Con todo el peso de la memoria (histórica, pero de la que no interesa a ningún bando) recordaba que no tenían ni para comer y mucho menos para vestir. Las sábanas y los manteles, teñidos de azul, sirvieron para que su madre hiciera vestidos para ella y sus dos hermanos… aún quedaba por llegar algún hermano más. Cuando se acabaron las sábanas, vinieron los sacos de azúcar que, aunque bastos, eran de un tejido fino.
Y así cubrieron sus vergüenzas, las suyas y las de una sociedad en las que el único mal era ser pobre. En mi pueblo ser minero o jornalero, sin tierras, sin casas, sin nada para calentar el estómago, sin futuro.
Apañaban bellotas, subiéndose a los árboles y las vendían para las bestias, para las de los hombres y para las de los bestias que los habían llevado a ese punto. O tal vez sirvieran para hacer un guiso, sin chicha, sin limoná… sólo bellotas, esas que hoy engordan a un futuro manjar tan limpio como las conciencias de muchos. Y así hasta que te cogía el dueño de las encinas o hasta que se partían las ramas y acababas con las dos muñecas rotas… como su padre.
Dicen que el hambre agudiza el ingenio, aunque allí lo tenían más agudo los que llevaban el estómago lleno porque, quién más o quién menos, acabó vendiendo el menaje de hogar a cambio de nada: una vajilla de china por un huevo, una mesilla de noche por cuatro… hasta que en unas casas sólo quedaron paredes y, en otras, menaje y huevos… los de las gallinas y los propios para desvalijar a una vecina por la mañana, santiguarse en la Iglesia por la tarde y dormir a pierna suelta por la noche. Total los muros eran gordos y no se oían los llantos de los niños que se acostaban como se habían levantado, sin nada que llevarse a la boca.

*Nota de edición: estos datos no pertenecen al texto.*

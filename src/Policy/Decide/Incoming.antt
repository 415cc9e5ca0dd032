-- ===== src/Policy/Decide/Incoming.antt =====
-- The first step of a decision: offers to accept (bazaar_client/policy/decide.py).
use spaceport_bazzar_client.Base.{
  ltb, leb, if◌then◌else◌, ◌==◌, nat_eq, ◌>>=◌, length, any, ℕ, ◌+◌, Bool, true, false, not, ◌&&◌,
  ◌||◌, Option, none, some, List, [], ◌∷◌, ◌++◌,
}
use spaceport_bazzar_client.Domain.Bundle.{
  Resource, resource_eq, Bundle, get, saturating_sub, is_zero,
}
use spaceport_bazzar_client.Domain.Types.{
  object_eq, Offer, what_station_pays, what_station_receives, Snapshot, outgoing_open_offers,
}
use spaceport_bazzar_client.Execution.Actions.{Action}
use spaceport_bazzar_client.Policy.Reserves.{
  Urgency, level, compute_urgency, in_end_game, production_payment_limit, over_ceiling,
  scarcest_import,
}
use spaceport_bazzar_client.Policy.Accept.{some_resource, evaluate_incoming}
use spaceport_bazzar_client.Policy.Decide.Turn.{Turn, act, spend, has_normal_offers}

-- `limit == 0`
abbrev pub is_stop : Option ℕ → Bool
is_stop none = false
is_stop (some halves) = halves == 0

-- `limit is not None`
abbrev pub is_limited : Option ℕ → Bool
is_limited none = false
is_limited (some _) = true

-- `_scarce_import_to_chase`
unfoldable pub scarce_import_to_chase :
    Snapshot → Bundle → (Resource → Urgency) → Option ℕ → Option Resource
scarce_import_to_chase snap available urgency ticks_left =
    let specialty = snap.me.specialty in
    let outgoing = outgoing_open_offers snap in
    elim (scarcest_import available (some specialty)) [
      | none ↦ none
      | some scarce ↦
          let lagging =
            not (level (urgency scarce) == 0)
            || some_resource (λ r.
              not (r == scarce)
              && not (r == specialty)
              && over_ceiling r available (some specialty)) in
          if not lagging
            || is_stop (production_payment_limit available snap.me ticks_left)
            || leb snap.rules.max_open_outgoing_offers (length outgoing)
            || any (λ o. ltb 0 (get o.receive scarce)) outgoing
          then none
          else some scarce
    ]

-- `hold_for is not None and gain.get(hold_for) == 0`
abbrev pub brings_none : Option Resource → Bundle → Bool
brings_none none gain = false
brings_none (some r) gain = get gain r == 0

-- What one round of `_accept_incoming` leaves: the balance, the urgency, and whether the offer was
-- put off.
pub record Round : Type 0 where
  pub turn : Turn
  pub urgency : Resource → Urgency
  pub deferred : List Offer

abbrev pub passed : Turn → (Resource → Urgency) → Round
passed t urgency = record { turn = t; urgency = urgency; deferred = [] }

-- `accept`, with what the acceptance costs
abbrev pub taken : Snapshot → Bundle → Offer → Bundle → Turn → Round
taken snap reserve o cost t =
    let after = spend cost (act (Action.accept o.offer_id) t) in
    record {
      turn = after;
      urgency = compute_urgency after.available snap.me.upkeep_per_tick reserve;
      deferred = [];
    }

-- `offer.expires_tick - observation.tick <= 1`
abbrev pub is_last_chance : Snapshot → Offer → Bool
is_last_chance snap o = leb o.expires_tick (snap.tick + 1)

-- The body of the loop of `_accept_incoming`.
unfoldable pub accept_one :
    Snapshot
    → Bundle
    → Option ℕ
    → Option Resource
    → (Resource → Urgency)
    → Turn
    → Offer
    → Option Round
accept_one snap reserve ticks_left hold_for urgency t o = do
  cost ← what_station_pays o snap.self_station_id
  gain ← what_station_receives o snap.self_station_id
  let limit = production_payment_limit (saturating_sub t.available cost) snap.me ticks_left
  verdict ←
      evaluate_incoming o snap.self_station_id t.available reserve urgency (some snap.me.specialty)
        limit (in_end_game ticks_left)
  some (
      if not (is_zero cost) && has_normal_offers snap && is_limited limit || not verdict
      then passed t urgency
      else if leb t.budget 1 && (is_last_chance snap o || brings_none hold_for gain)
      then record { turn = t; urgency = urgency; deferred = o ∷ [] }
      else taken snap reserve o cost t)

-- `_accept_incoming`, from the offers that are left: the balance and the offers put off. It stops
-- once the budget is spent.
unfoldable pub accept_incoming :
    Snapshot
    → Bundle
    → Option ℕ
    → Option Resource
    → List Offer
    → (Resource → Urgency)
    → Turn
    → Option (Turn × List Offer)
unfolding accept_one
accept_incoming snap reserve ticks_left hold_for [] urgency t = some (t, [])
accept_incoming snap reserve ticks_left hold_for (o ∷ offers) urgency t = elim (t.budget == 0) [
  | true ↦ some (t, [])
  | false ↦ accept_one snap reserve ticks_left hold_for urgency t o >>= λ round.
      accept_incoming snap reserve ticks_left hold_for offers round.urgency round.turn >>= λ rest.
      some (rest.0, round.deferred ++ rest.1)
]
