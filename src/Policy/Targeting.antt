-- ===== src/Policy/Targeting.antt =====
-- bazaar_client/policy/targeting.py: who to approach, and with what. A score is the program's float,
-- and `none` is minus infinity. The quantities wanted are a function, 0 for a resource that is no
-- key: a quantity that is stored is above 0, and the keys are stored in the order of `Resource`.
pub mod Choice
use spaceport_bazzar_client.Base.{
  ltb, if◌then◌else◌, ◌==◌, nat_eq, keep_if, sort_by, first_max, ℕ, ◌-◌, Bool, true, false, not,
  ◌&&◌, ◌||◌, Option, none, some, List, [], ◌∷◌, ◌++◌, map,
}
use spaceport_bazzar_client.Base.Float.{
  Ratio, ratio, ltb_ratio, nearest, float, fl_add, fl_sub, fl_div,
}
use spaceport_bazzar_client.Domain.Bundle.{Resource, resource_eq, resources, Bundle, get}
use spaceport_bazzar_client.Domain.Types.{object_eq}
use spaceport_bazzar_client.World.Counterparties.{
  CounterpartyStats, CounterpartyModel, stations_in_play,
}
use spaceport_bazzar_client.Policy.Reserves.{Urgency, level, is_specialty}

abbrev pub recency_window : ℕ
recency_window = 10

pub record Candidate : Type 0 where
  pub station_id : ℕ
  pub want : Resource
  pub give : Resource
  pub score : Option Ratio

-- `CounterpartyStats.accept_rate`
abbrev pub accept_rate : CounterpartyStats → Ratio
accept_rate s =
    if s.offers_sent_to == 0
    then ratio 1 2
    else fl_div (float s.offers_accepted_by) (float s.offers_sent_to)

-- `max(0.0, 1.0 - (tick - last) / RECENCY_WINDOW)`
abbrev pub recency_since : ℕ → ℕ → Ratio
recency_since tick last =
    let one = ratio 1 1 in
    if ltb tick last
    then fl_add one (nearest (last - tick) recency_window)
    else (let age = nearest (tick - last) recency_window in
        if ltb_ratio age one then fl_sub one age else ratio 0 1)

abbrev pub recency_of : CounterpartyStats → ℕ → Ratio
recency_of s tick = elim s.last_ad_tick [ none ↦ ratio 0 1 | some last ↦ recency_since tick last ]

-- `weight * test`
abbrev pub counts : ℕ → Bool → Ratio
counts weight test = if test then ratio weight 1 else ratio 0 1

unfoldable pub score_counterparty : CounterpartyStats → Resource → Resource → ℕ → Option Ratio
score_counterparty s want give tick =
    if s.station_failed
    then none
    else some (
        fl_add
          (fl_add (fl_add (counts 3 (s.selling want)) (counts 2 (s.seeking give)))
            (recency_of s tick))
          (accept_rate s))

-- `a < b` on scores
abbrev pub ltb_score : Option Ratio → Option Ratio → Bool
ltb_score _ none = false
ltb_score none (some b) = true
ltb_score (some a) (some b) = ltb_ratio a b

-- `key(a) < key(b)`, where the keys are compared by `x`, then by `y`
abbrev pub lex : Bool → Bool → Bool → Bool
lex less greater next = less || not greater && next

-- `a < b` on the keys that `rank_counterparties` gives to a pair of station and payment
unfoldable pub is_worse :
    Bundle
    → Option Resource
    → Resource
    → ℕ
    → CounterpartyStats × Resource
    → CounterpartyStats × Resource
    → Bool
unfolding score_counterparty
is_worse surplus preferred want tick (s, give) (t, pay) =
    let a = score_counterparty s want give tick in
    let b = score_counterparty t want pay tick in
    lex (s.station_failed && not t.station_failed) (not s.station_failed && t.station_failed) (
      lex (not (is_specialty give preferred) && is_specialty pay preferred)
        (is_specialty give preferred && not (is_specialty pay preferred))
        (lex (ltb_score a b) (ltb_score b a) (ltb (get surplus give) (get surplus pay))))

-- The payments for `want` that one station may be offered.
unfoldable pub options_with :
    (ℕ → Resource → Bool)
    → Resource
    → List Resource
    → CounterpartyStats
    → List (CounterpartyStats × Resource)
options_with pending want payable s =
    map (λ give. (s, give))
      (keep_if (λ give. not (give == want) && not (pending s.station_id want)) payable)

unfoldable pub options_for :
    (ℕ → Resource → Bool)
    → Resource
    → List Resource
    → List CounterpartyStats
    → List (CounterpartyStats × Resource)
unfolding options_with
options_for pending want payable [] = []
options_for pending want payable (s ∷ l) =
    options_with pending want payable s ++ options_for pending want payable l

-- The body of the loop of `rank_counterparties`, for one resource.
unfoldable pub best_for :
    Bundle
    → Option Resource
    → ℕ
    → (ℕ → Resource → Bool)
    → List Resource
    → List CounterpartyStats
    → Resource
    → List Candidate
unfolding options_for is_worse
best_for surplus preferred tick pending payable stations want =
    elim (options_for pending want payable stations) [
      | [] ↦ []
      | o ∷ l ↦
          let (s, give) = first_max (is_worse surplus preferred want tick) o l in
          elim (score_counterparty s want give tick) [
            | none ↦ []
            | some best ↦
                record { station_id = s.station_id; want = want; give = give; score = some best }
                ∷ []
          ]
    ]

unfoldable pub candidates_for :
    Bundle
    → Option Resource
    → ℕ
    → (ℕ → Resource → Bool)
    → List Resource
    → List CounterpartyStats
    → List Resource
    → List Candidate
unfolding best_for
candidates_for surplus preferred tick pending payable stations [] = []
candidates_for surplus preferred tick pending payable stations (want ∷ needs) =
    best_for surplus preferred tick pending payable stations want
    ++ candidates_for surplus preferred tick pending payable stations needs

-- `key(a) <= key(b)` of the sort of the needs, the most urgent first
abbrev pub is_as_urgent : (Resource → Urgency) → (Resource → ℕ) → Resource → Resource → Bool
is_as_urgent urgency wanted a b = not (
    lex (ltb (level (urgency a)) (level (urgency b))) (ltb (level (urgency b)) (level (urgency a)))
      (ltb (wanted a) (wanted b)))

-- `rank_counterparties`
unfoldable pub rank_counterparties :
    CounterpartyModel
    → (Resource → Urgency)
    → (Resource → ℕ)
    → Bundle
    → ℕ
    → (ℕ → Resource → Bool)
    → Option Resource
    → List Candidate
unfolding candidates_for
rank_counterparties model urgency wanted surplus tick pending preferred =
    let needs = sort_by (is_as_urgent urgency wanted) (keep_if (λ r. ltb 0 (wanted r)) resources) in
    let payable = keep_if (λ r. ltb 0 (get surplus r)) resources in
    candidates_for surplus preferred tick pending payable (stations_in_play model) needs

Acababas por perder la vergüenza, o la dignidad, o el orgullo… mendigando por cortijos, total eras un vencido, aunque nunca hubieras sabido qué era aquello del rojo, del azul, de reyes, de bombas. Eras un paria, sin cultura, sin derechos, sin vida… tristes sombras y despojos. Desde la cuna hasta la tumba.
Y así siguió la vida, como siguen las cosas que no tienen mucho sentido. Con gallinas que, si se descarriaban por la calle, desaparecían para el puchero y aquí “tos callaos” que por menos se acababa en el cuartel si tenías suerte o en el paredón si había inquina. Porque por mucho que digan, la guerra no fue lo peor, ni fueron las ideas. Algo tan español como la envidia no podía menos que volver a salir, como una nueva Inquisición, como una nueva forma de tener bienes… que si la finca del vecino me convenía, ¿qué importaba lo demás?
Después los hijos, Alemania, la viudez… la vejez. Y al final, todo sale, por eso las piernas ya no le responden.